=== Section Start ===

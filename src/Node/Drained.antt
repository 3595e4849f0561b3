-- ===== src/Node/Drained.antt =====
-- miniraft/net/server.cpp, TNode::Drain: if the writes end well, all that was sent is written.
use miniraft_cpp.Prelude.{
  ℕ, zero, suc, ◌+◌, ◌<◌, ◌≡◌, refl, ap, sym, ◌∙◌, Bool, true, false, List, [], ◌∷◌, ◌++◌, length,
  arith,
}
use miniraft_cpp.Prelude.Bytes.{append_assoc, append_nil}
use miniraft_cpp.Messages.{Message}
use miniraft_cpp.Node.{Node, take_queue, drain, next_message, finish_write, Run}
use miniraft_cpp.Node.Order.{IsIdle, IsFresh, Run-IsIdle}

-- `c` writes that end well.
unfoldable pub finish_writes : ℕ → Node → Node
finish_writes zero n = n
finish_writes (suc c) n = finish_writes c (finish_write n.sending n)

finish_writes_add :
    (a b : ℕ) (n : Node) → finish_writes (a + b) n ≡ finish_writes b (finish_writes a n)
unfolding finish_writes
finish_writes_add zero b n = ap (λ c. finish_writes c n) (let e : 0 + b ≡ b = omega arith in e)
finish_writes_add (suc a) b n =
    ap (λ c. finish_writes c n) (let e : suc a + b ≡ suc (a + b) = omega arith in e)
    ∙ finish_writes_add a b (finish_write n.sending n)

module _ (has_address connected connecting : Bool) where
  node : Bool → List Message → List Message → List Message → Node
  node draining messages sending written = record {
    has_address = has_address;
    connected = connected;
    connecting = connecting;
    draining = draining;
    messages = messages;
    sending = sending;
    written = written;
  }

  -- All that is being written, up to the next look at the queue.
  write_sending :
      (m : Message) (ms q w : List Message)
      → finish_writes (length (m ∷ ms)) (node true q (m ∷ ms) w)
        ≡ take_queue q (node true q [] (w ++ m ∷ ms))
  unfolding node finish_writes finish_write next_message take_queue
  write_sending m [] [] w = refl
  write_sending m [] (x ∷ q) w = refl
  write_sending m (k ∷ ms) q w =
      write_sending k ms q (w ++ m ∷ [])
      ∙ ap (λ l. take_queue q (node true q [] l)) (append_assoc w (m ∷ []) (k ∷ ms))

  -- The queue, once it is taken.
  write_queue :
      (d : Bool) (q w : List Message)
      → finish_writes (length q) (take_queue q (node d q [] w)) ≡ node false [] [] (w ++ q)
  unfolding node finish_writes take_queue
  write_queue d [] w = ap (node false [] []) (sym (append_nil w))
  write_queue d (x ∷ q) w = write_sending x q [] w

  write_all :
      (s q w : List Message)
      → 0 < length s
      → finish_writes (length s + length q) (node true q s w) ≡ node false [] [] (w ++ (s ++ q))
  write_all [] q w h = absurd (omega (arith, h))
  write_all (m ∷ ms) q w h =
      finish_writes_add (length (m ∷ ms)) (length q) (node true q (m ∷ ms) w)
      ∙ ap (finish_writes (length q)) (write_sending m ms q w)
      ∙ write_queue true q (w ++ m ∷ ms)
      ∙ ap (node false [] []) (append_assoc w (m ∷ ms) q)

drained :
    (a c g d : Bool) (q s w : List Message)
    → c ≡ true
    → IsIdle (node a c g d q s w)
    → finish_writes (length s + length q) (drain (node a c g d q s w))
      ≡ node a c g false [] [] (w ++ (s ++ q))
unfolding node drain
drained a false g d q s w up idle = absurd cc
drained a true g true q s w up idle = write_all a true g s q w (idle.1 refl)
drained a true g false q [] w up idle =
    ap (λ c. finish_writes c (take_queue q (node a true g false q [] w)))
      (let e : 0 + length q ≡ length q = omega arith in e)
    ∙ write_queue a true g false q w
drained a true g false q (x ∷ s) w up idle = absurd (let e = idle.0 refl in cc)

-- After any run of a node from its start, if it is connected, is drained, and the writes that
-- follow end well, as many as there are messages that are not written, then all messages are
-- written, in order, after those that were, and the drainer is done.
pub drain_writes_all :
    (n k : Node) (ms : List Message)
    → IsFresh n
    → Run n ms k
    → k.connected ≡ true
    → finish_writes (length k.sending + length k.messages) (drain k) ≡ record k {
      draining = false;
      messages = [];
      sending = [];
      written = k.written ++ (k.sending ++ k.messages);
    }
unfolding node
drain_writes_all n k ms f r up =
    drained k.has_address k.connected k.connecting k.draining k.messages k.sending k.written up
      (Run-IsIdle n k ms f r)
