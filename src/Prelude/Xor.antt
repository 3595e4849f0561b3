-- ===== src/Prelude/Xor.antt =====
-- A bound of the exclusive or of machine words.
use Prim.Native.Nat.{
  ℕ, zero, suc, ◌/◌, ◌%◌, ◌^◌, ◌≤◌, ◌<◌, bit_xor, digits, differ, bit_xor-bitwise,
}
use native.Mathlib.Omega.{arith}

module _ (f : ℕ → ℕ → ℕ) (digit : (x y : ℕ) → x ≤ 1 → y ≤ 1 → f x y ≤ 1) where
  -- An operation on digits has no more digits than its operands.
  digits_lt : (w n a b : ℕ) → a < 2 ^ w → b < 2 ^ w → digits (λ b. b) f n a b < 2 ^ w
  digits_lt w zero a b ha hb = hb
  digits_lt w (suc n) zero b ha hb = hb
  digits_lt zero (suc n) (suc a) b ha hb = absurd (omega arith)
  digits_lt (suc w) (suc n) (suc a) b ha hb = omega (
    arith,
    digits_lt w n (suc a / 2) (b / 2) (omega arith) (omega arith),
    digit (suc a % 2) (b % 2) (omega arith) (omega arith),
  )

differ-le-one : (x y : ℕ) → x ≤ 1 → y ≤ 1 → differ x y ≤ 1
differ-le-one zero y hx hy = hy
differ-le-one (suc x) zero hx hy = hx
differ-le-one (suc x) (suc y) hx hy = differ-le-one x y (omega arith) (omega arith)

pub bit_xor_lt : (w a b : ℕ) → a < 2 ^ w → b < 2 ^ w → bit_xor a b < 2 ^ w
bit_xor_lt w a b ha hb =
    omega (arith, bit_xor-bitwise a b, digits_lt differ differ-le-one w a a b ha hb)
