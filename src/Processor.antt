-- ===== src/Processor.antt =====
-- miniraft/raft.h and raft.cpp, TRequestProcessor: clients' requests, what waits for the log, and
-- what is forwarded to the leader. The state machine is a parameter.
pub mod Requests
pub mod Apply
pub mod Committed
pub mod Answering
pub mod Draining
pub mod Cookies
pub mod Leadership
use miniraft_cpp.Prelude.{
  ℕ, ◌≡◌, List, [], ◌∷◌, ◌++◌, Option, none, some, Bool, true, leb, ◌||◌, Result, ok, err,
  null_node, if◌then◌else◌,
}
use miniraft_cpp.Prelude.Dict
use miniraft_cpp.Prelude.Dict.{Dict}
use miniraft_cpp.Messages.{CommandRequest, CommandResponse}
use miniraft_cpp.Raft.{Raft}

-- TWaiting. A client is a number, and `none` is a null pointer.
pub record Waiting : Type 0 where
  pub index : ℕ
  pub seqno : ℕ
  pub command : CommandRequest
  pub reply_to : Option ℕ

-- TAnswer
pub record Answer : Type 0 where
  pub index : ℕ
  pub reply : CommandResponse

-- TRequestProcessor, with the server and the state machine that it points to. A queue has its
-- front first. `replies` is what clients were sent, `forwarded` what nodes were sent.
pub record Processor (Machine : Type 0) : Type 0 where
  pub raft : Raft
  pub rsm : Machine
  pub nodes : List ℕ
  pub waiting : List Waiting
  pub strong_waiting : List Waiting
  pub waiting_state_change : List Waiting
  pub write_answers : List Answer
  pub forward_cookie : ℕ
  pub cookie_to_client : Dict ℕ
  pub client_to_cookie : Dict (List ℕ)
  pub replies : List (ℕ × CommandResponse)
  pub forwarded : List (ℕ × CommandRequest)

-- TRequestProcessor::TRequestProcessor
unfoldable pub new_processor : {M : Type 0} → Raft → M → List ℕ → Processor M
new_processor r m nodes = record {
  raft = r;
  rsm = m;
  nodes = nodes;
  waiting = [];
  strong_waiting = [];
  waiting_state_change = [];
  write_answers = [];
  forward_cookie = 1;
  cookie_to_client = [];
  client_to_cookie = [];
  replies = [];
  forwarded = [];
}

-- `w.ReplyTo->Send(reply)`
unfoldable pub answer :
    {M : Type 0} → Option ℕ → CommandResponse → Processor M → Result (Processor M)
answer none reply p = err null_node
answer (some client) reply p = ok (record p { replies = p.replies ++ (client, reply) ∷ [] })
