-- ===== src/Rsm.antt =====
-- miniraft/raft.h, IRsm: what the request processor needs of a replicated state machine.
pub mod Dummy
pub mod Overread
pub mod Kv
use miniraft_cpp.Prelude.{ℕ, Option, Result}
use miniraft_cpp.Messages.{LogEntry, CommandRequest, CommandResponse}

-- IRsm. `read` and `write` may change the machine and may crash.
pub record Rsm : Type 1 where
  pub Machine : Type 0
  pub last_applied : Machine → ℕ
  pub set_last_applied : ℕ → Machine → Machine
  pub read : CommandRequest → ℕ → Machine → Result (Machine × CommandResponse)
  pub write : LogEntry → ℕ → Machine → Result (Machine × Option CommandResponse)
  pub prepare : CommandRequest → LogEntry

=== Section End ===

_Exercise objective:_
Transcribe only the lines from the beginning of the entries to the line with "b (finish_write n.sending n)", inclusive, exactly as written.

_Task result:_
filename src/Node/Drained.antt
repository 3595e4849f0561b3
-- ===== src/Node/Drained.antt =====
-- miniraft/net/server.cpp, TNode::Drain: if the writes end well, all that was sent is written.
use miniraft_cpp.Prelude.{
  ℕ, zero, suc, ◌+◌, ◌<◌, ◌≡◌, refl, ap, sym, ◌∙◌, Bool, true, false, List, [], ◌∷◌, ◌++◌, length,
  arith,
}
use miniraft_cpp.Prelude.Bytes.{append_assoc, append_nil}
use miniraft_cpp.Messages.{Message}
use miniraft_cpp.Node.{Node, take_queue, drain, next_message, finish_write, Run}
use miniraft_cpp.Node.Order.{IsIdle, IsFresh, Run-IsIdle}

-- `c` writes that end well.
unfoldable pub finish_writes : ℕ → Node → Node
finish_writes zero n = n
finish_writes (suc c) n = finish_writes c (finish_write n.sending n)

finish_writes_add :
    (a b : ℕ) (n : Node) → finish_writes (a + b) n ≡ finish_writes b (finish_writes a n)
unfolding finish_writes
finish_writes_add zero b n = ap (λ c. finish_writes c n) (let e : 0 + b ≡ b = omega arith in e)
finish_writes_add (suc a) b n =
    ap (λ c. finish_writes c n) (let e : suc a + b ≡ suc (a + b) = omega arith in e)
    ∙ finish_writes_add a b (finish_write n.sending n)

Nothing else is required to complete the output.